== Record set ==

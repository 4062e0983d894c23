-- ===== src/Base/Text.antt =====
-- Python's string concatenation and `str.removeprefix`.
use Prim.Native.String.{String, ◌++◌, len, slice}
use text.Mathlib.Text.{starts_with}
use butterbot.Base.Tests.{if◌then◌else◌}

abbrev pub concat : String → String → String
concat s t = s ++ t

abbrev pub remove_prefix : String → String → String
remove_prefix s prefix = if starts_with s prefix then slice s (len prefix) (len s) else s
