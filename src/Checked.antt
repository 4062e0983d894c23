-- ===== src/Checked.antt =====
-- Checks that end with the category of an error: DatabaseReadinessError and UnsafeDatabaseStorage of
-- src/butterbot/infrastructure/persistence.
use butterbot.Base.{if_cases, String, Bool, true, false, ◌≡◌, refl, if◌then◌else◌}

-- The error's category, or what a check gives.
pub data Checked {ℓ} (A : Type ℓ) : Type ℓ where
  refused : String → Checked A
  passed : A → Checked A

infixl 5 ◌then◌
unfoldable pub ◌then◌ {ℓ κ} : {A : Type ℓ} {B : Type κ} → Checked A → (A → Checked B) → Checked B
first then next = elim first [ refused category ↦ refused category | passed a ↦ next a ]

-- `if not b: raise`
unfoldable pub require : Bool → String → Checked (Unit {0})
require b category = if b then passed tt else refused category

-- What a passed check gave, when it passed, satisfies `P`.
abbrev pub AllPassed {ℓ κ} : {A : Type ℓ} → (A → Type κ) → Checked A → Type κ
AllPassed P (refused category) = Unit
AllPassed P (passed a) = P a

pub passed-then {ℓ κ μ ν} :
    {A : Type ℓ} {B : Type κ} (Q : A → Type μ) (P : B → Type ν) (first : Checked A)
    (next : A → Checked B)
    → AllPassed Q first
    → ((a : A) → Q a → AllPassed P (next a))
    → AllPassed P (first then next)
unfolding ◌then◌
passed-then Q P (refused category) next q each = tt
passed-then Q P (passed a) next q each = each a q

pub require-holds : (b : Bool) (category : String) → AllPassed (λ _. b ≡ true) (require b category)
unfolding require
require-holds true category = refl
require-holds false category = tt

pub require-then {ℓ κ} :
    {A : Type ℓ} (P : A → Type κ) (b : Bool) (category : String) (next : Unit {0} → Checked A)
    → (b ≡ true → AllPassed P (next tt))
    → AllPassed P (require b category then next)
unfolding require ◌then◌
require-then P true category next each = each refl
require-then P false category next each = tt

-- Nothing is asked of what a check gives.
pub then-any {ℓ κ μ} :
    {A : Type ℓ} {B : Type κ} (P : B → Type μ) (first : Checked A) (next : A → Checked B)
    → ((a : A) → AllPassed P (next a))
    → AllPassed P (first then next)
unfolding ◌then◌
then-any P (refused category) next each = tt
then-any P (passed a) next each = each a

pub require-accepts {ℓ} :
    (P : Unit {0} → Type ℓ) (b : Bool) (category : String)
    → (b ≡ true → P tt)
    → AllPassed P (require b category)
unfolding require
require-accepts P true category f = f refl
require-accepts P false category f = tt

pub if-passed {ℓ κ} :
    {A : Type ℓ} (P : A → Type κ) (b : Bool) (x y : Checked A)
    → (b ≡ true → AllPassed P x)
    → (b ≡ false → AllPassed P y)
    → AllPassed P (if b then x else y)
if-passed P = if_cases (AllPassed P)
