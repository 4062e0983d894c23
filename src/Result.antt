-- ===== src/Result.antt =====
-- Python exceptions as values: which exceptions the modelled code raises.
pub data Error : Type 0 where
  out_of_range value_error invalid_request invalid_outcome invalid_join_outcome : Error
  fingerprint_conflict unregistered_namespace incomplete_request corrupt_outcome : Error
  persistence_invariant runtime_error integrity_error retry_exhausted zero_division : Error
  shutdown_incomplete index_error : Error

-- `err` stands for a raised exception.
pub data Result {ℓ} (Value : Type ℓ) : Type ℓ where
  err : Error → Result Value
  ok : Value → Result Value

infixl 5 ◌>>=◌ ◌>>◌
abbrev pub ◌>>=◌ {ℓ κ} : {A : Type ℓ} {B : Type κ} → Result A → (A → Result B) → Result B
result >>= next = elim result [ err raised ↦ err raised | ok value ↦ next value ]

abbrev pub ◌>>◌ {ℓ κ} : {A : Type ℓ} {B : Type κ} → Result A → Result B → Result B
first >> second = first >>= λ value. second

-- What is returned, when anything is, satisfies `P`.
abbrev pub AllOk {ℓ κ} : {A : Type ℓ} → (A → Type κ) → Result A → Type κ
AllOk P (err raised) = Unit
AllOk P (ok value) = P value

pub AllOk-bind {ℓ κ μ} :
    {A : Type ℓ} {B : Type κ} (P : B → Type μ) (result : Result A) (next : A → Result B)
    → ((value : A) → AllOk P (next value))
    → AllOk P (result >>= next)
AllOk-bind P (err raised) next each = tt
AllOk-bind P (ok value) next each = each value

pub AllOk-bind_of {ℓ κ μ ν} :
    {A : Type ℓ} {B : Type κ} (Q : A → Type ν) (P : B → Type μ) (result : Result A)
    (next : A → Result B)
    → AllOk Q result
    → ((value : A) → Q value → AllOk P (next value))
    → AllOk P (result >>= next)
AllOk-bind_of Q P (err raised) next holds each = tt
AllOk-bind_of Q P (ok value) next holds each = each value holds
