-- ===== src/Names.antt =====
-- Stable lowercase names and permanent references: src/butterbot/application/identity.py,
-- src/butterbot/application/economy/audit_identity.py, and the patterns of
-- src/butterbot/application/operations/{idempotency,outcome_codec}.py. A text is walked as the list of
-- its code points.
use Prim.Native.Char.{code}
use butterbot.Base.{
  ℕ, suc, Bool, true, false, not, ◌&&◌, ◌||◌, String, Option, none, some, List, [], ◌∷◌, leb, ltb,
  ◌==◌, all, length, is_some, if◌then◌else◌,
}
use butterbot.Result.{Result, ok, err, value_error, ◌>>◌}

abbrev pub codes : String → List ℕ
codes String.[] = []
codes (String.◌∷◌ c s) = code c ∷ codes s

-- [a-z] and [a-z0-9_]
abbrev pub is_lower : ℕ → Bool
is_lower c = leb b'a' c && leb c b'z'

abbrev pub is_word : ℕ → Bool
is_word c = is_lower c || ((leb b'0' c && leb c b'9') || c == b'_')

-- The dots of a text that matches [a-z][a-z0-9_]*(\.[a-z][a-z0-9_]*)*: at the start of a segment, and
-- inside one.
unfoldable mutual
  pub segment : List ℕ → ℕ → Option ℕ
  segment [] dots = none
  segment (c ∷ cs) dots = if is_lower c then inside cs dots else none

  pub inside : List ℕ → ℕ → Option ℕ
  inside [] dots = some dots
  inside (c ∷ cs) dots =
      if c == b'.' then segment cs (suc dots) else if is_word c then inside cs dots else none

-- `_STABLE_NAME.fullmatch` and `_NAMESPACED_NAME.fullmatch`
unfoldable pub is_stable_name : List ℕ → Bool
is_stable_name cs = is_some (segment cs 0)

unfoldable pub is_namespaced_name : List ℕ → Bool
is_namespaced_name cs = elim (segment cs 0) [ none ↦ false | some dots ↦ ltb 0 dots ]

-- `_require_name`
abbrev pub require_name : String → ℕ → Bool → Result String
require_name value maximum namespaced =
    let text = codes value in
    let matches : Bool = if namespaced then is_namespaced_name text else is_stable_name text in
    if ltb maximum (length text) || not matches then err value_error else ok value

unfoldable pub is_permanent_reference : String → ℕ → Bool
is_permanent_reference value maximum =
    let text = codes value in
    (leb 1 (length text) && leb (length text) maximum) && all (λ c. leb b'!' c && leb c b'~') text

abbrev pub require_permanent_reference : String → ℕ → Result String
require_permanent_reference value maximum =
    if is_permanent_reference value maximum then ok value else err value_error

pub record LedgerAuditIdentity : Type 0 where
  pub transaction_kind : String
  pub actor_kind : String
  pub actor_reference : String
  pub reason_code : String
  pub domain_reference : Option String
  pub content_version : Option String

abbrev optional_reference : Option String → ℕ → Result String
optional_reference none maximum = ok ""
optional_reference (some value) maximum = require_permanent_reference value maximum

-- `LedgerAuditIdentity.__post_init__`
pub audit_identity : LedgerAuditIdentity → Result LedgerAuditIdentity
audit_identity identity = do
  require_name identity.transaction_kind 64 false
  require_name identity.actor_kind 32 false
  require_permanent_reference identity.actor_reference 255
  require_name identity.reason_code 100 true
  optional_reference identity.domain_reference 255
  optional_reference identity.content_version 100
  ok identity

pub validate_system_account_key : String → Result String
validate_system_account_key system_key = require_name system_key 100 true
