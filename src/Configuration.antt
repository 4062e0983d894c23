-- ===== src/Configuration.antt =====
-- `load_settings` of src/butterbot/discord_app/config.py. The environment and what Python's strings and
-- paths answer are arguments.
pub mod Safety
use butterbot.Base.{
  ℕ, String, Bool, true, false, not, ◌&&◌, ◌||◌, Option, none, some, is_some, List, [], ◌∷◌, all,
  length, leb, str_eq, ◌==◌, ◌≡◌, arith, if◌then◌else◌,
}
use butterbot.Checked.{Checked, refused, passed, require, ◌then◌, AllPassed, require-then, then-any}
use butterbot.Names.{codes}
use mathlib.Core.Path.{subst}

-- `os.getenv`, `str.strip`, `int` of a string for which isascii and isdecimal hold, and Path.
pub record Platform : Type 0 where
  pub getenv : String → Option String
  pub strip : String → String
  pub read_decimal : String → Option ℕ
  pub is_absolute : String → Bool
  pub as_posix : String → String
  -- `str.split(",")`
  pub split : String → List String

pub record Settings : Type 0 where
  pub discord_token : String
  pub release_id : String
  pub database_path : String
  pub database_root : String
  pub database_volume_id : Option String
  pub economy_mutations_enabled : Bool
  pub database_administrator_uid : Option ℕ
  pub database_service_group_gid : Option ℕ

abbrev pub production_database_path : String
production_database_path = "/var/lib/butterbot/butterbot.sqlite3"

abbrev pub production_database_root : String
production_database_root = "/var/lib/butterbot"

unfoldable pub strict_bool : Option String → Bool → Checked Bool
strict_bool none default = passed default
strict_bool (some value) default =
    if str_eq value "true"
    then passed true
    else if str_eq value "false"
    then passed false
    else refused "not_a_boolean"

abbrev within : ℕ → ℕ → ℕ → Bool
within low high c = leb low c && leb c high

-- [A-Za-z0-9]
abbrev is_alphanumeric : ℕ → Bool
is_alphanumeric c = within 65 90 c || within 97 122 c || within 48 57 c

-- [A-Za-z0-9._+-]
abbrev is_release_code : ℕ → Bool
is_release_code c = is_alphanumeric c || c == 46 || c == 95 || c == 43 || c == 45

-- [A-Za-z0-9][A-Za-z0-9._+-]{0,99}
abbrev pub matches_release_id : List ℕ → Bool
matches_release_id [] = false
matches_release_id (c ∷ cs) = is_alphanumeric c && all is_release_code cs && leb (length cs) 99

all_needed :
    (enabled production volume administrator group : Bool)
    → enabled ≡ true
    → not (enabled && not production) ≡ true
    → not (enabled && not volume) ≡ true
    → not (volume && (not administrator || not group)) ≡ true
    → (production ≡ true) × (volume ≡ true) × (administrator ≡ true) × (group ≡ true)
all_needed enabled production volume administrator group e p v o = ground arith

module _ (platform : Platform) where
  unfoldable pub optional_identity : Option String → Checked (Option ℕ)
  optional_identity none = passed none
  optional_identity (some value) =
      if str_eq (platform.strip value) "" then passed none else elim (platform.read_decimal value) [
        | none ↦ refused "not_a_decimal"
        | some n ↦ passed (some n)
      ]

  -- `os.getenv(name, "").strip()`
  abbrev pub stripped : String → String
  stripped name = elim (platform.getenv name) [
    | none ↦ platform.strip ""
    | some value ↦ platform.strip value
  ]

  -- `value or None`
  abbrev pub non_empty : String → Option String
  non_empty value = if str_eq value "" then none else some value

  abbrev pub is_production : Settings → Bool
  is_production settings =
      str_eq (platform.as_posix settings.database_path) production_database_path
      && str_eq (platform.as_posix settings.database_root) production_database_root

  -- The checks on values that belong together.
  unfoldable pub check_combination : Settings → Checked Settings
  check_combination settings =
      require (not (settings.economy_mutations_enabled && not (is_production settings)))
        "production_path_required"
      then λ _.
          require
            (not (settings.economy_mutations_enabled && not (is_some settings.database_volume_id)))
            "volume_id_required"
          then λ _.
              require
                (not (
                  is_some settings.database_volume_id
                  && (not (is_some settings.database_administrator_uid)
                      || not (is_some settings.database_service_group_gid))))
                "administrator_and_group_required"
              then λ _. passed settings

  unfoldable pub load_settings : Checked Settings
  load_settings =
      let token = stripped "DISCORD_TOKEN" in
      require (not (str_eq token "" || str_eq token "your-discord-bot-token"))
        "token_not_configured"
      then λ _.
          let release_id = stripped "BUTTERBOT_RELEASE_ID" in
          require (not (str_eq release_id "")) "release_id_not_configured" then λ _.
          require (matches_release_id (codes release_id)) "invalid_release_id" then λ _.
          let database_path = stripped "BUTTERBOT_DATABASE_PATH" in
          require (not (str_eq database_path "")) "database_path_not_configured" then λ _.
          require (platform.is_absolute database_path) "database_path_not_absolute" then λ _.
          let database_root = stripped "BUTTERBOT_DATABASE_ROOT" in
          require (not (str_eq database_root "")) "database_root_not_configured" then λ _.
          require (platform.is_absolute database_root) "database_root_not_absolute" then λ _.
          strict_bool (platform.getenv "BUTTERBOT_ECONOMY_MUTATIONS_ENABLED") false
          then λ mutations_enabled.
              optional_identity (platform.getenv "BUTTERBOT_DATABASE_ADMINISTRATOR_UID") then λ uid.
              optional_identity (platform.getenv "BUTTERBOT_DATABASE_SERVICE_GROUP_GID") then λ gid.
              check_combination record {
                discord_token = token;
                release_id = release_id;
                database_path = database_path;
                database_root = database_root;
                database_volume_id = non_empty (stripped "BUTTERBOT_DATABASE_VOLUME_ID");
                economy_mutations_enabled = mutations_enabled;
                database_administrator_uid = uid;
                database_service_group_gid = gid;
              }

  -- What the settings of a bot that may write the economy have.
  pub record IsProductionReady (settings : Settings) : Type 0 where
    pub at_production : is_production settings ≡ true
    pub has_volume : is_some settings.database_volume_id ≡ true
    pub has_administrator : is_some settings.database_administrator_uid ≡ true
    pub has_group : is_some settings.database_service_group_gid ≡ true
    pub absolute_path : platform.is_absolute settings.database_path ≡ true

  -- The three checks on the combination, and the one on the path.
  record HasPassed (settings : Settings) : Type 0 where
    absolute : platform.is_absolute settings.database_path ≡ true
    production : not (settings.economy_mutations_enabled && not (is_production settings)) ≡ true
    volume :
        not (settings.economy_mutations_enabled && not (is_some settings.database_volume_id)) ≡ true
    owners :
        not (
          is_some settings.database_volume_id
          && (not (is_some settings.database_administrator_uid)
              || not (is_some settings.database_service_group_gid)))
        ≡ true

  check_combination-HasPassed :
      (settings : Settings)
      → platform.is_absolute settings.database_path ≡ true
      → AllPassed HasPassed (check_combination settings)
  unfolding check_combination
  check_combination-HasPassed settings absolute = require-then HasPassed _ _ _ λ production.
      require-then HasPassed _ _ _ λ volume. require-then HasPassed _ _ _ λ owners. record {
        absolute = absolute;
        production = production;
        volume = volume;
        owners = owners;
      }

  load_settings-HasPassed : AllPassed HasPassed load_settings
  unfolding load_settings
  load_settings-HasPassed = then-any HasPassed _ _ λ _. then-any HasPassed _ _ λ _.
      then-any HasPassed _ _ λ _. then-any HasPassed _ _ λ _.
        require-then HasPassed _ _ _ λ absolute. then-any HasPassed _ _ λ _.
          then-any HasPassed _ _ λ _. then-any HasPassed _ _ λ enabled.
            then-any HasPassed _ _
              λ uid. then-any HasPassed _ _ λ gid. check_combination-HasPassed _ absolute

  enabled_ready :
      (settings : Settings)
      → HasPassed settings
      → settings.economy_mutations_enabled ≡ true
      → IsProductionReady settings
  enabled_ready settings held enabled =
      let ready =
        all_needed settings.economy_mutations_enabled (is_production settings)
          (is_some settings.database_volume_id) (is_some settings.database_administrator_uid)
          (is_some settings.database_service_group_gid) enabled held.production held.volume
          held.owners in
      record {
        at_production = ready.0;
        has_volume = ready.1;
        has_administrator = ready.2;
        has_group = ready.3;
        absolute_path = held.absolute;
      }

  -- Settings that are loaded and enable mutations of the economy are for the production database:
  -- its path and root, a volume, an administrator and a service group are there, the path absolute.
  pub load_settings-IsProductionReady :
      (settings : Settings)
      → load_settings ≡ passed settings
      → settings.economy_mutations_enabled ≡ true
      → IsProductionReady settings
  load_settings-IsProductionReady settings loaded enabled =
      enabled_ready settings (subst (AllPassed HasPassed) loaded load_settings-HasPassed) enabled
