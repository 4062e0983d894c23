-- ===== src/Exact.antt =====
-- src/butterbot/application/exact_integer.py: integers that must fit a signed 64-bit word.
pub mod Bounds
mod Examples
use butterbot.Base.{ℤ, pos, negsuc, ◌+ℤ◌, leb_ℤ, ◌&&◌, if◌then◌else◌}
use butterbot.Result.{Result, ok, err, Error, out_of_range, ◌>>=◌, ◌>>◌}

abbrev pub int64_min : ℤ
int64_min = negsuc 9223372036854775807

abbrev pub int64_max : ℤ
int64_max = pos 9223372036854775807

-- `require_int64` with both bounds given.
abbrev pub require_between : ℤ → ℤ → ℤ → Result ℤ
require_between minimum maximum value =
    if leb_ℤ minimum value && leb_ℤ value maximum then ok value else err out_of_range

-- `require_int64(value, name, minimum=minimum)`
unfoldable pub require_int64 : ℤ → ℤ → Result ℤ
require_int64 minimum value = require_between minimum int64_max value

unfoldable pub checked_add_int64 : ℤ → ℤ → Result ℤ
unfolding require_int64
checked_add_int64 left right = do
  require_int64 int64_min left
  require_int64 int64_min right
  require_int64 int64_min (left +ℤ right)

===

** Assignment **
Every line above from the line with "absolute : platform.is_absolute" to the line with "λ uid. then-any" is wanted, ends included; write them out exactly and add no other line.

** Answer to the problem **
    absolute : platform.is_absolute settings.database_path ≡ true
    production : not (settings.economy_mutations_enabled && not (is_production settings)) ≡ true
    volume :
        not (settings.economy_mutations_enabled && not (is_some settings.database_volume_id)) ≡ true
    owners :
        not (
          is_some settings.database_volume_id
          && (not (is_some settings.database_administrator_uid)
              || not (is_some settings.database_service_group_gid)))
        ≡ true

  check_combination-HasPassed :
      (settings : Settings)
      → platform.is_absolute settings.database_path ≡ true
      → AllPassed HasPassed (check_combination settings)
  unfolding check_combination
  check_combination-HasPassed settings absolute = require-then HasPassed _ _ _ λ production.
      require-then HasPassed _ _ _ λ volume. require-then HasPassed _ _ _ λ owners. record {
        absolute = absolute;
        production = production;
        volume = volume;
        owners = owners;
      }

  load_settings-HasPassed : AllPassed HasPassed load_settings
  unfolding load_settings
  load_settings-HasPassed = then-any HasPassed _ _ λ _. then-any HasPassed _ _ λ _.
      then-any HasPassed _ _ λ _. then-any HasPassed _ _ λ _.
        require-then HasPassed _ _ _ λ absolute. then-any HasPassed _ _ λ _.
          then-any HasPassed _ _ λ _. then-any HasPassed _ _ λ enabled.
            then-any HasPassed _ _
              λ uid. then-any HasPassed _ _ λ gid. check_combination-HasPassed _ absolute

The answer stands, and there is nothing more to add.